ABD ve NATO, “Obama etkisine” rağmen Ortadoğu'da ve Afganistan'da gözden düşmüş bir haldeler, ki yolu aktörlere açmaktadır. Avrupa Birliği hem bütünleşme hem de genişleme yüzünden halsiz düştü ve komşularıyla ilişkileri için sağlam bir vizyondan yoksun; böylelikle de Avrupa'nın dış çevresindeki ülkelerin yaşadığı hüsranı ve sükût-u hayali derinleştiriyor.

Rusya ve Türkiye, Ukrayna gibi bölgesel bölgeler, sadece ABD hâkimiyetine karşı çıkmak veya anlamsız “stratejik ortaklık” için AB'ye bakmak yerine, birbirleriyle yakın bağlar tesis ediyor ve kendi ortak nüfuz kürelerine müdahale ediyorlar. Amerikan askerlerinin Irak ve Afganistan'dan.çekilmesi gibi geleceğin konuları veya İran'a yeni müeyyide dalgası, onların dahli veya desteği olmaksızın sonuca bağlanamayacak.

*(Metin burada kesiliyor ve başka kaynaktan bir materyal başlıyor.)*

-- ===== src/Trades/Overwritten.antt =====
-- The unconditional update of cancelTrade against transactions that do not take the TRADE lock.
use ht_mvp_backend.Prelude.{ℕ, ◌≡◌, true, none, some, List, arith, refl, inr}
use ht_mvp_backend.Trades.{
  pending, cancelled, Trade, TradeDb, find_by_id, find_roster, update_status, matches, with_status,
}
use ht_mvp_backend.Trades.Resolve.{with_trades, is_user, cancel_trade}
use ht_mvp_backend.Trades.Lifecycle.{found_id}
use ht_mvp_backend.Trades.Reviewed.{hits}

overwrites :
    (trade_id now : ℕ) (xs : List Trade) (u : Trade)
    → find_by_id trade_id xs ≡ some u
    → (zs : List Trade) × (update_status trade_id cancelled none now xs ≡ some zs)
      × (find_by_id trade_id zs ≡ some (with_status cancelled now u))
unfolding update_status
overwrites trade_id now xs u h =
    let id = found_id trade_id xs u h in
    let self : matches trade_id none u ≡ true = ground (arith, id) in
    let hit =
      hits (matches trade_id none) (with_status cancelled now) trade_id u xs (λ x. refl) h self in
    (_, hit.0, hit.1)

-- When the proposer cancels a trade that is pending at both reads, the trade ends up cancelled whatever a
-- transaction without the TRADE lock made of its row in between: also when that one expired it.
pub cancel_overwrites :
    (trade_id user_id now : ℕ) (meanwhile : List Trade → List Trade) (seen db : TradeDb)
    (trade t u : Trade)
    → find_by_id trade_id seen.trades ≡ some trade
    → is_user user_id (find_roster trade.proposer_roster_id seen.rosters) ≡ true
    → trade.status ≡ pending
    → find_by_id trade_id db.trades ≡ some t
    → t.status ≡ pending
    → find_by_id trade_id (meanwhile db.trades) ≡ some u
    → (zs : List Trade) × (cancel_trade trade_id user_id now meanwhile seen db
        ≡ inr (with_trades db zs))
      × (find_by_id trade_id zs ≡ some (with_status cancelled now u))
unfolding cancel_trade
cancel_overwrites trade_id user_id now meanwhile seen db trade t u hs ok s h s' hu =
    let w = overwrites trade_id now (meanwhile db.trades) u hu in
    rw (hs, ok, s, h, s', w.1) (w.0, refl, w.2)
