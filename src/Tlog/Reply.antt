-- ===== src/Tlog/Reply.antt =====
-- trusted-log/main.cc: the handlers of a proposal and of its response, and what is logged between them.
use replication_protos.Prelude.{
  ℕ, suc, ◌+◌, ◌%◌, ◌≤◌, ◌≡◌, refl, ap, sym, subst, ◌∙◌, Bool, true, false, some, List, [], ◌∷◌,
  ◌++◌, append_assoc, arith, ◌==◌, if◌then◌else◌, Bytes, load, load_prefix, same_bytes, length,
  length-append, length-concat, length-drop, concat, drop, drop-append_le, encode_le,
  length-encode_le, u32_mod, u64_mod,
}
use replication_protos.Outcome.{ok}
use replication_protos.Attest.{Platform, hmac_size, hmac_key}
use replication_protos.Attest.Signed.{get_attestation_lem, load_code}
use replication_protos.Rpc.{reply}
use replication_protos.Tlog.Format.{AckMsg, ack_fields, out_size, ack_msg_size, msg_size}
use replication_protos.Tlog.Roundtrip.{memcpy_ack_into_buffer_lem}
use replication_protos.Tlog.Log.{LogEntry, TrustedLog}
use replication_protos.Tlog.Layout.{Fits}
use replication_protos.Tlog.Metadata.{Metadata, log_entry}
use replication_protos.Tlog.Chain.{IsLog, logged_entry}
use replication_protos.Tlog.Node.{
  AppContext, Uninit, bad_mac, emit, emit_unless, ack_of, resize, sign, apply_protocol,
  cont_func_prp, make_reply, req_handler_prp,
}
use replication_protos.Tlog.Packet.{
  sign_lem, text_size_lem, check_mac_lem, log_message-IsLog, apply_all-single,
}

-- The text of a response: the acknowledgement over what its buffer held before.
abbrev pub reply_text : AckMsg → Bytes → Bytes
reply_text ack stale = concat (ack_fields ack) ++ drop 25 stale

-- The acknowledgement of a follower that has applied `cmt` requests.
abbrev pub sent_ack : ℕ → ℕ → AckMsg → AckMsg
sent_ack cmt node uninit = record uninit {
  ack = 1 ∷ [];
  output = encode_le 4 cmt ++ drop 4 uninit.output;
  cmt = cmt;
  sender = node;
}

-- What is uninitialised has the sizes of its types, and the buffer of the response, which holds `stale`
-- where the text of the response will be, has room for a response.
pub record IsUninit (uninit : Uninit) (stale : Bytes) : Type 0 where
  pub entry_fits : Fits log_entry uninit.entry
  pub output_fits : length uninit.ack.output ≡ out_size
  pub stale_size : length stale ≡ ack_msg_size
  pub room : Bytes
  pub room_size : length room ≡ hmac_size
  pub more : Bytes
  pub resp_holds : uninit.resp ≡ stale ++ (room ++ more)

pub length-sent_output :
    (cmt node : ℕ) (uninit : AckMsg)
    → length uninit.output ≡ out_size
    → length (sent_ack cmt node uninit).output ≡ out_size
length-sent_output cmt node uninit e = omega (
  arith,
  e,
  length-append {0} (encode_le 4 cmt) (drop 4 uninit.output),
  length-encode_le 4 cmt,
  length-drop {0} 4 uninit.output,
)

pub length-reply_text :
    (cmt node : ℕ) (uninit : AckMsg) (stale : Bytes)
    → length uninit.output ≡ out_size
    → length stale ≡ ack_msg_size
    → length (reply_text (sent_ack cmt node uninit) stale) ≡ ack_msg_size
length-reply_text cmt node uninit stale e s = omega (
  arith,
  s,
  length-sent_output cmt node uninit e,
  length-append {0} (concat (ack_fields (sent_ack cmt node uninit))) (drop 25 stale),
  length-drop {0} 25 stale,
  length-concat (ack_fields (sent_ack cmt node uninit)),
  length-encode_le 4 cmt,
  length-encode_le 4 node,
)

-- The metadata of a follower after a proposal.
abbrev noted : ℕ → Bytes → Metadata → Metadata
noted node state meta =
    if node == 1
    then record meta { f1_last_state = state }
    else record meta { f2_last_state = state }

noted_keeps :
    (node : ℕ) (state : Bytes) (meta : Metadata)
    → ((noted node state meta).tlog ≡ meta.tlog) × ((noted node state meta).cmt_idx ≡ meta.cmt_idx)
noted_keeps node state meta = by_test (node == 1)
  where
    by_test :
        (t : Bool)
        → ((if t
              then record meta { f1_last_state = state }
              else record meta { f2_last_state = state }).tlog
            ≡ meta.tlog)
          × ((if t
                then record meta { f1_last_state = state }
                else record meta { f2_last_state = state }).cmt_idx
              ≡ meta.cmt_idx)
    by_test true = (refl, refl)
    by_test false = (refl, refl)

module _ (openssl : Bytes → Bytes → Bytes)
    (code_size : (k m : Bytes) → length (openssl k m) ≡ hmac_size) (platform : Platform) where
  abbrev pub packet : Bytes → Bytes
  packet text = text ++ openssl hmac_key text

  load_resp :
      (stale room more : Bytes)
      → length stale ≡ ack_msg_size
      → length room ≡ hmac_size
      → load 0 108 (stale ++ (room ++ more)) ≡ some (stale ++ room)
  load_resp stale room more s r =
      ap (load 0 108) (sym (append_assoc stale room more))
      ∙ load_prefix 108 (stale ++ room) more (omega (arith, s, r, length-append {0} stale room))

  sign_reply :
      (cmt node : ℕ) (uninit : AckMsg) (stale room : Bytes)
      → length uninit.output ≡ out_size
      → length stale ≡ ack_msg_size
      → length room ≡ hmac_size
      → sign openssl platform ack_msg_size
          (concat (ack_fields (sent_ack cmt node uninit)) ++ drop 25 (stale ++ room))
        ≡ ok (packet (reply_text (sent_ack cmt node uninit) stale))
  sign_reply cmt node uninit stale room e s r =
      rw
        (
          drop-append_le 25 stale room (omega (arith, s)),
          sym (append_assoc (concat (ack_fields (sent_ack cmt node uninit))) (drop 25 stale) room),
        )
        (ap (λ n. sign openssl platform n (reply_text (sent_ack cmt node uninit) stale ++ room))
            (sym (length-reply_text cmt node uninit stale e s))
          ∙ sign_lem openssl code_size platform (reply_text (sent_ack cmt node uninit) stale) room
              r)

  make_reply_lem :
      (uninit : Uninit) (stale : Bytes) (node : ℕ) (meta : Metadata)
      → IsUninit uninit stale
      → make_reply openssl platform uninit node meta
        ≡ ok (
          noted node (openssl hmac_key uninit.ack.state) meta,
          packet (reply_text (sent_ack meta.cmt_idx node uninit.ack) stale),
        )
  unfolding make_reply ack_of resize
  make_reply_lem uninit stale node meta u = rw (
    get_attestation_lem openssl code_size platform uninit.ack.state platform,
    load_code openssl code_size platform uninit.ack.state,
    ap (load 0 108) u.resp_holds ∙ load_resp stale u.room u.more u.stale_size u.room_size,
    memcpy_ack_into_buffer_lem
        (record (ack_of (1 ∷ []) node meta uninit.ack) {
          state = openssl hmac_key uninit.ack.state;
        })
        refl (length-sent_output meta.cmt_idx node uninit.ack u.output_fits) (stale ++ u.room)
        (omega (arith, u.stale_size, length-append {0} stale u.room)),
    sign_reply meta.cmt_idx node uninit.ack stale u.room u.output_fits u.stale_size u.room_size,
  )

  -- A follower of trusted-log/main.cc that receives 208 bytes and a code logs them, counts one more
  -- request and answers with the signed acknowledgement of that count, whether or not the code is
  -- that of the bytes: a wrong code is reported and nothing more. The log, with room for an entry,
  -- stays well formed. What is uninitialised has the sizes of its types; the HMAC has 32 bytes.
  pub req_handler_prp-IsLog :
      (text code stale : Bytes) (uninit : Uninit) (ctx : AppContext) (es : List LogEntry) (free : ℕ)
      → length text ≡ msg_size
      → length code ≡ hmac_size
      → IsUninit uninit stale
      → IsLog openssl ctx.metadata.tlog es (suc free)
      → (metadata : Metadata) × (req_handler_prp openssl platform (text ++ code) uninit ctx
          ≡ ok (
              emit
                (reply (
                  packet (
                    reply_text
                      (sent_ack ((ctx.metadata.cmt_idx + 1) % u32_mod) ctx.node_id uninit.ack)
                      stale)))
                (emit_unless
                  (same_bytes (openssl hmac_key text) code)
                  bad_mac
                  (record ctx { metadata = metadata; prp_count = (ctx.prp_count + 1) % u64_mod }))))
        × (metadata.cmt_idx ≡ (ctx.metadata.cmt_idx + 1) % u32_mod)
        × IsLog openssl metadata.tlog
            (es ++ (logged_entry openssl code_size platform text code uninit.entry es ∷ []))
            free
  unfolding req_handler_prp emit_unless apply_protocol
  req_handler_prp-IsLog text code stale uninit ctx es free e k u v =
      let (tlog, done, after) =
        log_message-IsLog openssl code_size platform text code (omega (arith, e)) k uninit.entry
          ctx.metadata es free (omega (arith, e)) v u.entry_fits in
      let applied : Metadata = apply_protocol (record ctx.metadata { tlog = tlog }) in
      let (same_log, same_idx) =
        noted_keeps ctx.node_id (openssl hmac_key uninit.ack.state) applied in
      (
        noted ctx.node_id (openssl hmac_key uninit.ack.state) applied,
        rw (
          text_size_lem openssl code_size platform text code (omega (arith, e)) k ∙ e,
          check_mac_lem openssl code_size platform text code (omega (arith, e)) k,
          done,
          apply_all-single (text ++ code) (record ctx.metadata { tlog = tlog })
              (omega (arith, e, length-append {0} text code)),
          make_reply_lem uninit stale ctx.node_id applied u,
        ),
        same_idx,
        subst
            (λ l.
              IsLog openssl l
                (es ++ (logged_entry openssl code_size platform text code uninit.entry es ∷ []))
                free)
            (sym same_log) after,
      )

  -- The leader, on a response of at most 208 bytes and a code.
  pub cont_func_prp-IsLog :
      (text code : Bytes) (uninit : LogEntry) (ctx : AppContext) (es : List LogEntry) (free : ℕ)
      → length text ≤ log_entry
      → length code ≡ hmac_size
      → Fits log_entry uninit
      → IsLog openssl ctx.metadata.tlog es (suc free)
      → (tlog : TrustedLog) × (cont_func_prp openssl platform (text ++ code) uninit ctx
          ≡ ok (
              emit_unless (same_bytes (openssl hmac_key text) code) bad_mac (record ctx {
                metadata = record ctx.metadata { tlog = tlog };
                count_replies = (ctx.count_replies + 1) % u32_mod;
              })))
        × IsLog openssl tlog
            (es ++ (logged_entry openssl code_size platform text code uninit es ∷ []))
            free
  unfolding cont_func_prp emit_unless
  cont_func_prp-IsLog text code uninit ctx es free e k f v =
      let (tlog, done, after) =
        log_message-IsLog openssl code_size platform text code (omega (arith, e)) k uninit
          ctx.metadata es free e v f in
      (
        tlog,
        rw (check_mac_lem openssl code_size platform text code (omega (arith, e)) k, done),
        after,
      )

Küresel ekonomik krizin ardından, jeopolitik ve jeo-ekonomik güç merkezi, batılı gelişmiş ülkelerden Körfez bölgesindeki yükselen pazarlara, Doğu Asya'ya ve güney yarımküresine kayıyor. Bu eksen değişiminin bir parçası olarak da Ortadoğu ve Orta Avrasya'da bir dizi saflaşmalar oluyor ki eski ötekilerin küresel meselelerin merkezine dönüşünün alâmetidir.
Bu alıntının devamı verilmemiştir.